#### PROBLEM:
Examine the records and identify each line that includes the string "against". Copy those lines.
═════ DATASET EXCERPTS ═════
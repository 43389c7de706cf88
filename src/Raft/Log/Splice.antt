-- ===== src/Raft/Log/Splice.antt =====
-- `splice` against a reference definition on lists: keep the entries up to `prev_index`, then
-- merge. Its index arithmetic, truncation and early exit implement exactly that.
use ferrium.Common.{
  ℕ, ◌+◌, ◌-◌, ◌≤◌, ◌<◌, ◌≡◌, refl, List, [], ◌∷◌, ◌++◌, false, length, take, drop, arith,
  if◌then◌else◌, u64_mod, length-append, length-drop, get_elem?-append_right, append_assoc,
  get_elem?-eq-none, append-nil, take-append, take-append-drop, length-take_of_le, ◌==◌,
}
use ferrium.Raft.Log.{LogEntry, RaftLog, agrees, truncate_from, splice_loop, splice}
use ferrium.Raft.Log.Index.{Fits, term_at_lem}

-- The reference: what remains of the log after `prev_index` against the leader's entries. Entries
-- of equal term stay; from the first that differs on, the leader's replace them.
unfoldable pub merge : List LogEntry → List LogEntry → List LogEntry
merge es [] = es
merge [] (i ∷ is) = i ∷ is
merge (e ∷ es) (i ∷ is) = let rest = merge es is in if e.term == i.term then e ∷ rest else i ∷ is

abbrev at : List LogEntry → RaftLog → RaftLog
at es log = record log { entries = es }

module _ (log : RaftLog) (pre : List LogEntry) where
  abbrev here : ℕ
  here = log.snapshot_index + length pre + 1

  here-sub : log.snapshot_index + length pre + 1 - log.snapshot_index - 1 ≡ length pre
  here-sub = omega arith

  agrees-nil : (i : LogEntry) → Fits (at pre log) → agrees (at pre log) here i ≡ false
  unfolding agrees
  agrees-nil i f = ground (
    arith,
    term_at_lem (at pre log) here f,
    get_elem?-eq-none pre (here - log.snapshot_index - 1),
  )

  agrees-cons :
      (e i : LogEntry) (es : List LogEntry)
      → Fits (at (pre ++ e ∷ es) log)
      → agrees (at (pre ++ e ∷ es) log) here i ≡ (e.term == i.term)
  unfolding agrees
  agrees-cons e i es f = ground (
    arith,
    term_at_lem (at (pre ++ e ∷ es) log) here f,
    get_elem?-append_right pre (e ∷ es) (here - log.snapshot_index - 1),
  )

  truncate_from-append : (es : List LogEntry) → truncate_from here (at (pre ++ es) log) ≡ at pre log
  unfolding truncate_from
  truncate_from-append es = ground (arith, here-sub, take-append pre es)

splice_loop-eq-merge :
    (log : RaftLog) (pre es incoming : List LogEntry)
    → log.snapshot_index + length pre + length es + length incoming + 1 < u64_mod
    → splice_loop (at (pre ++ es) log) (log.snapshot_index + length pre + 1) incoming
      ≡ at (pre ++ merge es incoming) log
unfolding splice_loop merge
splice_loop-eq-merge log pre es [] f = refl
splice_loop-eq-merge log pre [] (i ∷ is) f = ground (
  arith,
  append-nil pre,
  agrees-nil log pre i,
  truncate_from-append log pre [],
  append_assoc pre (i ∷ []) is,
)
splice_loop-eq-merge log pre (e ∷ es) (i ∷ is) f =
    let fits : Fits (at (pre ++ e ∷ es) log) = omega (arith, length-append pre (e ∷ es)) in
    ground (
      arith,
      agrees-cons log pre e i es fits,
      truncate_from-append log pre (e ∷ es),
      append_assoc pre (i ∷ []) is,
      append_assoc pre (e ∷ []) es,
      append_assoc pre (e ∷ []) (merge es is),
      length-append pre (e ∷ []),
      splice_loop-eq-merge log (pre ++ e ∷ []) es is,
    )

-- For a previous index between the snapshot point and the end of the log, and room for indices
-- below 2^64, splice leaves the entries up to the previous index, followed by the merge of the
-- rest of the log with the leader's entries; the snapshot point stays.
pub splice-eq-merge :
    (log : RaftLog) (prev_index : ℕ) (incoming : List LogEntry)
    → log.snapshot_index ≤ prev_index
    → prev_index ≤ log.snapshot_index + length log.entries
    → log.snapshot_index + length log.entries + length incoming + 1 < u64_mod
    → (splice prev_index incoming log).0 ≡ record log {
      entries =
          take (prev_index - log.snapshot_index) log.entries
          ++ merge (drop (prev_index - log.snapshot_index) log.entries) incoming;
    }
unfolding splice
splice-eq-merge log prev incoming lo hi f =
    let k = prev - log.snapshot_index in
    let l : length (take k log.entries) ≡ k = length-take_of_le k log.entries (omega arith) in
    ground (
      arith,
      l,
      length-drop k log.entries,
      take-append-drop k log.entries,
      splice_loop-eq-merge log (take k log.entries) (drop k log.entries) incoming,
    )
═════
#### YOUR RESPONSE:
-- `splice` against a reference definition on lists: keep the entries up to `prev_index`, then
-- The reference: what remains of the log after `prev_index` against the leader's entries. Entries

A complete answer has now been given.